Tortura e «prove» illegali

Nel tentativo di analizzare come i tribunali gestiscono accuse di estorsione di «confessioni» attraverso la tortura in seguito all’introduzione delle riforme volte a escludere prove risultato di tortura, Amnesty International ha analizzato centinaia di documenti giuridici disponibili sul database on-line della Suprema corte del popolo cinese.

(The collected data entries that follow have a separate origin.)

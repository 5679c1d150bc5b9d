-- ===== src/Uploads/Paths/Segments.antt =====
-- Splitting and joining the segments of a path of modules/uploads/paths.ts.
use local_cast.Base.{
  ℕ, ◌≡◌, ◌≢◌, refl, sym, ap, ◌∙◌, true, false, Bool-cases, inl, inr, List, [], ◌∷◌, ◌++◌, Text,
  arith, ◌==◌, includes,
}
use local_cast.Js.{split, add_head}
use local_cast.Js.Trim.{Without}
use local_cast.Uploads.Paths.{slashes, drop_empty, join_slash}

abbrev pub AllWithout : ℕ → List Text → Type 0
AllWithout d [] = Unit
AllWithout d (w ∷ ws) = Without d w × AllWithout d ws

abbrev pub AllFilled : List Text → Type 0
AllFilled [] = Unit
AllFilled (w ∷ ws) = (w ≢ []) × AllFilled ws

add_head-AllWithout :
    (d c : ℕ) (ws : List Text) → c ≢ d → AllWithout d ws → AllWithout d (add_head c ws)
add_head-AllWithout d c [] h a = ((h, tt), tt)
add_head-AllWithout d c (w ∷ ws) h (k, a) = ((h, k), a)

-- What a split holds has no separator, and no other character than the text.
pub split-AllWithout : (d : ℕ) (s : Text) → AllWithout d (split d s)
unfolding split
split-AllWithout d [] = (tt, tt)
split-AllWithout d (c ∷ s) = elim (Bool-cases (c == d)) [
  | inl same ↦ rw same (tt, split-AllWithout d s)
  | inr other ↦ rw other (add_head-AllWithout d c (split d s) (ground arith) (split-AllWithout d s))
]

pub split-keeps : (d e : ℕ) (s : Text) → Without e s → AllWithout e (split d s)
unfolding split
split-keeps d e [] a = (tt, tt)
split-keeps d e (c ∷ s) (h, a) = elim (Bool-cases (c == d)) [
  | inl same ↦ rw same (tt, split-keeps d e s a)
  | inr other ↦ rw other (add_head-AllWithout e c (split d s) h (split-keeps d e s a))
]

pub drop_empty-AllWithout :
    (d : ℕ) (ws : List Text) → AllWithout d ws → AllWithout d (drop_empty ws)
unfolding drop_empty
drop_empty-AllWithout d [] a = tt
drop_empty-AllWithout d ([] ∷ ws) (h, a) = drop_empty-AllWithout d ws a
drop_empty-AllWithout d ((c ∷ w) ∷ ws) (h, a) = (h, drop_empty-AllWithout d ws a)

pub drop_empty-AllFilled : (ws : List Text) → AllFilled (drop_empty ws)
unfolding drop_empty
drop_empty-AllFilled [] = tt
drop_empty-AllFilled ([] ∷ ws) = drop_empty-AllFilled ws
drop_empty-AllFilled ((c ∷ w) ∷ ws) = ((λ e. cc), drop_empty-AllFilled ws)

pub drop_empty_of_AllFilled : (ws : List Text) → AllFilled ws → drop_empty ws ≡ ws
unfolding drop_empty
drop_empty_of_AllFilled [] a = refl
drop_empty_of_AllFilled ([] ∷ ws) (h, a) = absurd (h refl)
drop_empty_of_AllFilled ((c ∷ w) ∷ ws) (h, a) = ap (◌∷◌ (c ∷ w)) (drop_empty_of_AllFilled ws a)

pub slashes-Without : (s : Text) → Without 92 (slashes s)
unfolding slashes
slashes-Without [] = tt
slashes-Without (c ∷ s) = ground (arith, slashes-Without s)

pub slashes_of_Without : (s : Text) → Without 92 s → slashes s ≡ s
unfolding slashes
slashes_of_Without [] a = refl
slashes_of_Without (c ∷ s) (h, a) = ground (arith, slashes_of_Without s a)

pub slashes-keeps : (s : Text) → Without 0 s → Without 0 (slashes s)
unfolding slashes
slashes-keeps [] a = tt
slashes-keeps (c ∷ s) (h, a) = ground (arith, slashes-keeps s a)

pub Without-of_includes : (d : ℕ) (s : Text) → includes d s ≡ false → Without d s
unfolding includes
Without-of_includes d [] e = tt
Without-of_includes d (c ∷ s) e = ground (arith, Without-of_includes d s)

pub includes_of_Without : (d : ℕ) (s : Text) → Without d s → includes d s ≡ false
unfolding includes
includes_of_Without d [] a = refl
includes_of_Without d (c ∷ s) (h, a) = ground (arith, includes_of_Without d s a)

Without-append : (d : ℕ) (s t : Text) → Without d s → Without d t → Without d (s ++ t)
Without-append d [] t a b = b
Without-append d (c ∷ s) t (h, a) b = (h, Without-append d s t a b)

pub join_slash-Without :
    (d : ℕ) (ws : List Text) → d ≢ b'/' → AllWithout d ws → Without d (join_slash ws)
unfolding join_slash
join_slash-Without d [] h a = tt
join_slash-Without d (w ∷ []) h (k, a) = k
join_slash-Without d (w ∷ v ∷ ws) h (k, a) =
    Without-append d w (b'/' ∷ join_slash (v ∷ ws)) k
      ((λ e. h (sym e)), join_slash-Without d (v ∷ ws) h a)

split_last : (d : ℕ) (w : Text) → Without d w → split d w ≡ w ∷ []
unfolding split
split_last d [] a = refl
split_last d (c ∷ w) (h, a) =
    let other : (c == d) ≡ false = ground arith in rw (other, split_last d w a) refl

split_more : (d : ℕ) (w t : Text) → Without d w → split d (w ++ (d ∷ t)) ≡ w ∷ split d t
unfolding split
split_more d [] t a = let same : (d == d) ≡ true = ground arith in rw same refl
split_more d (c ∷ w) t (h, a) =
    let other : (c == d) ≡ false = ground arith in rw (other, split_more d w t a) refl

-- Joined segments are split into the same segments.
pub split-join_slash :
    (w : Text) (ws : List Text)
    → AllWithout b'/' (w ∷ ws)
    → split b'/' (join_slash (w ∷ ws)) ≡ w ∷ ws
unfolding join_slash
split-join_slash w [] (h, a) = split_last b'/' w h
split-join_slash w (v ∷ ws) (h, a) =
    split_more b'/' w (join_slash (v ∷ ws)) h ∙ ap (◌∷◌ w) (split-join_slash v ws a)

Da un campione di 590 casi nei quali sono state formulate accuse di tortura, la possibilità di confessioni forzate è stata esclusa in soli 16 casi, con uno sfociato in un’assoluzione mentre gli altri sono terminati con una condanna basata su altri capi d’accusa. Le cifre così basse relative ai casi cui le prove ottenute con la tortura sono state escluse sembrano corroborare le affermazioni degli avvocati secondo i quali le confessioni forzate continuano a venir presentate come prove in tribunale, e che le prove ottenute illegalmente non vengono escluse dai giudici.

Secondo il diritto internazionale e la legge nazionale cinese l’onere della prova è a carico dell’accusa, che deve dimostrare di aver ottenuto le prove legalmente. Nella pratica però i tribunali respingono regolarmente le accuse di tortura se l’accusato non riesce a dimostrarle.

Il rapporto presenta una serie di raccomandazioni. In particolare, per mettere fine alla pratica della tortura e di maltrattamenti nel sistema di giutizia penale cinese, Amnesty International esorta il governo cinese a:

  • Garantire che avvocati e attivisti possano portare avanti il proprio lavoro senza subire minacce, intimidazioni, restrizioni arbitrarie e il timore della detenzione, della torura o di maltrattamenti o un processo penale.
  • Garantire che nessuna confessione ottenuta con la tortura o altri maltrattementi sia usata come prova in tribunale.
  • Allineare la legge, la policy a la pratica legale cinese al divieto assoluto di tortura e altri maltrattamenti sancito dal diritto internazionale.